Esattamente: la frase in sè dal punto di vista grammaticale è corretta, solo che chi la pronuncia utilizza "ancora" in maniera scorretta.


----------



## Astropolyp

Paulfromitaly ha ragione. Una frase come _sei stato ancora in quella pizzeria?_ può significare in certi usi regionali _se già stato (per la prima volta) in quella pizzeria?_

In Toscana frasi del genere sono comunissime e il loro significato è chiarito dal contesto, dalla posizione di _ancora_ nella frase e dal tono della voce:
-_Hai ancora fatto la lavatrice?_ = L'hai già fatta la lavatrice o la farai più tardi?
-_Glielo hai ancora detto?_ = Glielo hai già detto? 
Cambiando l'ordine delle parole il senso di _ancora_ può tornare ad essere quello standard: _Glielo hai detto ancora?_ = Glielo hai detto di nuovo?/Glielo hai già detto?

Il Garzanti online conferma che tale accezione di _ancora_ è un regionalismo e che un tempo era lecita:
_5 *(ant. o region.)* già, ormai: domandò... se egli *ancora* maritata l'avesse (BOCCACCIO Dec. X, 7) _

Comuque una espressione come _me lo aveva detto ancora l'altra volta_ mi è sconosciuta e mi suona innaturale. Evidentemente _ancora_ nel senso di _già_ è usato in contesti leggermente diversi a seconda della zona.

A questo punto mi chiedo: in quali regioni d'Italia, a parte la Lombardia e la Toscana, si usa _ancora_ in questo modo?


----------



## MünchnerFax

Nella mia famiglia si usava e si usa (Liguria), ma ripeto, non con il significato di _già_ bensì con quello proprio di "di nuovo", come ho spiegato precedentemente. _Me l'aveva detto ancora l'altra volta_ è una frase lecita (dal mio punto di vista e per la mia esperienza), ma decisamente diversa da _me l'aveva già detto l'altra volta._


----------



## effeundici

Scusa,ma in quale parte della Toscana perché a me sembra di non averlo mai sentito?



Astropolyp said:


> Paulfromitaly ha ragione. Una frase come _sei stato ancora in quella pizzeria?_ può significare in certi usi regionali _se già stato (per la prima volta) in quella pizzeria?_
> 
> In Toscana frasi del genere sono comunissime e il loro significato è chiarito dal contesto, dalla posizione di _ancora_ nella frase e dal tono della voce:
> -_Hai ancora fatto la lavatrice?_ = L'hai già fatta la lavatrice o la farai più tardi?
> -_Glielo hai ancora detto?_ = Glielo hai già detto?
> Cambiando l'ordine delle parole il senso di _ancora_ può tornare ad essere quello standard: _Glielo hai detto ancora?_ = Glielo hai detto di nuovo?/Glielo hai già detto?
> 
> Il Garzanti online conferma che tale accezione di _ancora_ è un regionalismo e che un tempo era lecita:
> _5 *(ant. o region.)* già, ormai: domandò... se egli *ancora* maritata l'avesse (BOCCACCIO Dec. X, 7) _
> 
> Comuque una espressione come _me lo aveva detto ancora l'altra volta_ mi è sconosciuta e mi suona innaturale. Evidentemente _ancora_ nel senso di _già_ è usato in contesti leggermente diversi a seconda della zona.
> 
> A questo punto mi chiedo: in quali regioni d'Italia, a parte la Lombardia e la Toscana, si usa _ancora_ in questo modo?


----------



## Astropolyp

effeundici said:


> Scusa,ma in quale parte della Toscana perché a me sembra di non averlo mai sentito?
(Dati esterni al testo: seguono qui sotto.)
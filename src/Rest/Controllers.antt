-- ===== src/Rest/Controllers.antt =====
-- sdks/cpp/connections/REST/src/controllers: GetValue, GetParam, MultiSetValue, SetValue and
-- GetPopulatedSlots, as `proceed` with what it writes.
--
-- The lock of the device is held for the part that reads or changes it, which one step here is. `none` is
-- the outcome of a call through a null pointer. The parsers of JSON are the protobuf library's.
use catena.Base.{ℕ, Bool, false, List, [], ◌∷◌, Option, none, some, if◌then◌else◌}
use catena.Base.Int.{pos}
use catena.Base.Text.{Text}
use catena.Status.{
  StatusCode, ok, is_ok, internal, unknown, invalid_argument, Outcome, returns, throws, with_status,
  std_exception, null_dereference, ◌>>=◌,
}
use catena.Proto.{ProtoValue}
use catena.Authorizer.{Authorizer, Claim, authorizer, authz_disabled}
use catena.Params.Stored.{to_proto}
use catena.Device.{Device}
use catena.Device.Lookup.{absent, present, get_param_at}
use catena.Device.Values.{SetValue, get_value, try_multi_set_value, commit_multi_set_value}
use catena.Rpc.Controllers.{
  Devices, device_at, set_device, checked_slot, reading, writing, populated_slots,
}
use catena.Rest.{Request}
use catena.Rest.Writer.{SocketWriter, Response, send_responses}

-- The handlers of exceptions round the body, by the status for one of the standard library. What `ans`
-- holds by then is not sent with an error.
unfoldable pub settled :
    {M : Type 0} → StatusCode → M → Outcome (StatusCode × M) → Option (StatusCode × M)
settled std blank (returns r) = some r
settled std blank (throws (with_status rc)) = some (rc, blank)
settled std blank (throws std_exception) = some (std, blank)
settled std blank (throws null_dereference) = none

abbrev pub unary_writer : Request → SocketWriter
unary_writer req = record { origin = req.heading.origin; buffer = false; json_body = [] }

-- The answer with its message, and one without.
unfoldable pub respond :
    {M : Type 0} → (M → Option Text) → Request → Option (StatusCode × M) → Option (List Response)
unfolding send_responses
respond json req none = none
respond json req (some (rc, m)) = some (send_responses json ((rc, some m) ∷ []) (unary_writer req))

abbrev pub no_json : List ℕ → Option Text
no_json m = none

unfoldable pub respond_status :
    {M : Type 0} → Request → Option (StatusCode × M) → Option (List Response)
unfolding send_responses
respond_status req none = none
respond_status req (some (rc, m)) =
    some (send_responses no_json ((rc, none) ∷ []) (unary_writer req))

-- `SetValue::toMulti_`: the value of the body, at the OID of the path.
unfoldable pub to_multi_one : (Text → Option ProtoValue) → Request → Option (List SetValue)
to_multi_one parse req = elim (parse req.json_body) [
  | none ↦ none
  | some value ↦ some (record { oid = req.target.fqoid; value = value } ∷ [])
]

module _ (decode : Text → Option (List (Text × Claim))) (authorization_enabled : Bool) where
  unfoldable pub rest_authorizer : Request → Outcome Authorizer
  rest_authorizer req =
      if authorization_enabled
      then authorizer (decode req.heading.jws_token)
      else returns authz_disabled

  -- `GetValue`
  unfoldable pub get_value_answer : Request → Devices → Option (StatusCode × Option ProtoValue)
  unfolding device_at checked_slot rest_authorizer settled
  get_value_answer req dms = settled internal none (
      (reading (pos req.target.slot) none
        (λ dm. rest_authorizer req >>= λ authz. returns (get_value dm req.target.fqoid authz))
        dms).0)

  unfoldable pub get_value_proceed :
      (Option ProtoValue → Option Text) → Request → Devices → Option (List Response)
  unfolding get_value_answer respond
  get_value_proceed json req dms = respond json req (get_value_answer req dms)

  -- `GetParam`: the name and the value of the message.
  unfoldable pub get_param_answer :
      Request → Devices → Option (StatusCode × Option (Text × Option ProtoValue))
  unfolding device_at checked_slot rest_authorizer settled
  get_param_answer req dms = settled internal none (
      (reading (pos req.target.slot) none
        (λ dm. rest_authorizer req >>= λ authz. (elim (get_param_at dm req.target.fqoid authz) [
          | absent rc ↦ returns (rc, none)
          | present t ↦
              let (rc, value) = to_proto t.value t.descriptor authz in
              returns (rc, some (t.descriptor.own.oid, value))
        ]))
        dms).0)

  unfoldable pub get_param_proceed :
      (Option (Text × Option ProtoValue) → Option Text) → Request → Devices → Option (List Response)
  unfolding get_param_answer respond
  get_param_proceed json req dms = respond json req (get_param_answer req dms)

  -- `MultiSetValue`, with `toMulti_` as an argument.
  unfoldable pub set_values_device :
      Option (List SetValue) → Request → Device → Outcome (StatusCode × List ℕ) × Device
  unfolding rest_authorizer
  set_values_device none req dm = (returns (invalid_argument, []), dm)
  set_values_device (some vs) req dm = elim (rest_authorizer req) [
    | throws e ↦ (throws e, dm)
    | returns authz ↦ elim (try_multi_set_value dm vs ok authz) [
      | throws e ↦ (throws e, dm)
      | returns rc ↦
          if is_ok rc
          then (let (result, dm') = commit_multi_set_value dm vs ok authz in
              (result >>= λ final. returns (final, []), dm'))
          else (returns (rc, []), dm)
    ]
  ]

  unfoldable pub set_values_answer :
      (Request → Option (List SetValue))
      → Request
      → Devices
      → Option (StatusCode × List ℕ) × Devices
  unfolding device_at set_device checked_slot set_values_device settled
  set_values_answer to_multi req dms =
      let (result, dms') =
        writing (pos req.target.slot) [] (λ dm. set_values_device (to_multi req) req dm) dms in
      (settled unknown [] result, dms')

  unfoldable pub multi_set_value_proceed :
      (Text → Option (List SetValue)) → Request → Devices → Option (List Response) × Devices
  unfolding set_values_answer respond_status
  multi_set_value_proceed parse req dms =
      let (answer, dms') = set_values_answer (λ r. parse r.json_body) req dms in
      (respond_status req answer, dms')

  unfoldable pub set_value_proceed :
      (Text → Option ProtoValue) → Request → Devices → Option (List Response) × Devices
  unfolding set_values_answer to_multi_one respond_status
  set_value_proceed parse req dms =
      let (answer, dms') = set_values_answer (to_multi_one parse) req dms in
      (respond_status req answer, dms')

-- `GetPopulatedSlots`
unfoldable pub get_populated_slots_proceed :
    (List ℕ → Option Text) → Request → Devices → Option (List Response)
unfolding populated_slots respond
get_populated_slots_proceed json req dms = respond json req (some (ok, populated_slots dms))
Ma sei sicuro? Vuoi dire che non hai mai sentito _ancora_ nel senso di _già_ in domande tipo,
-_Ti sei ancora trasferito?_
-_Si è ancora sposata la Francesca?_
-_Ci sei ancora stato in quel nuovo cinema?_

Mi sembra così strano. 
Guarda, ho appena chiamato mia sorella (sta a Pistoia), e lei mi ha tranquillamente confermato. Era pure un pò sorpresa dalla mia domanda.
Forse non dovevo generalizzare a tutta la Toscana, ma diavolo, se questo uso di _ancora_ era proprio anche del Boccaccio, possibile che solo a Pistoia ne sia rimasta traccia?
C'è qualche altro toscano all'ascolto?

Comunque è da notare che la risposta alla domanda _Ti sei ancora trasferito?_ è _Sì, mi sono già trasferito_ e *non* _Sì, mi sono ancora trasferito._
Che io ricordi, non ho mai sentito usare _ancora_ nel senso di _già_ in una frase affermativa.


----------



## effeundici

Boh, abito a meno di 2 km dalla provincia di Pistoia e pistoiesi ne frequento tanti.Mai sentito.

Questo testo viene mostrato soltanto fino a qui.